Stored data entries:
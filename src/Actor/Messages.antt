-- ===== src/Actor/Messages.antt =====
-- outdated/mcp-server/src/types.rs: the messages between the MCP server and the editor. A payload
-- is a JSON value.
use symposium.Prelude.{ℕ, Bool, Option}
use symposium.Prelude.Text.{Text}

pub data IpcMessageType : Type 0 where
  present_review present_walkthrough log get_selection marco polo goodbye : IpcMessageType
  response resolve_symbol_by_name find_all_references user_feedback : IpcMessageType
  store_reference reload_window spawn_taskspace log_progress signal_user : IpcMessageType
  update_taskspace taskspace_state taskspace_roll_call : IpcMessageType
  register_taskspace_window delete_taskspace : IpcMessageType

pub record MessageSender : Type 0 where
  pub working_directory : Text
  pub taskspace_uuid : Option Text
  pub shell_pid : Option ℕ

pub record IpcMessage (Value : Type 0) : Type 0 where
  pub message_type : IpcMessageType
  pub id : Text
  pub sender : MessageSender
  pub payload : Value

pub record ResponsePayload (T : Type 0) : Type 0 where
  pub success : Bool
  pub error : Option Text
  pub data_payload : Option T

The problem: The first line of the entries, the line with "pub payload : Value", and every line between them should be retyped exactly, and nothing else.

Answer to this exercise:
filename src/Actor/Messages.antt
-- ===== src/Actor/Messages.antt =====
-- outdated/mcp-server/src/types.rs: the messages between the MCP server and the editor. A payload
-- is a JSON value.
use symposium.Prelude.{ℕ, Bool, Option}
use symposium.Prelude.Text.{Text}

pub data IpcMessageType : Type 0 where
  present_review present_walkthrough log get_selection marco polo goodbye : IpcMessageType
  response resolve_symbol_by_name find_all_references user_feedback : IpcMessageType
  store_reference reload_window spawn_taskspace log_progress signal_user : IpcMessageType
  update_taskspace taskspace_state taskspace_roll_call : IpcMessageType
  register_taskspace_window delete_taskspace : IpcMessageType

pub record MessageSender : Type 0 where
  pub working_directory : Text
  pub taskspace_uuid : Option Text
  pub shell_pid : Option ℕ

pub record IpcMessage (Value : Type 0) : Type 0 where
  pub message_type : IpcMessageType
  pub id : Text
  pub sender : MessageSender
  pub payload : Value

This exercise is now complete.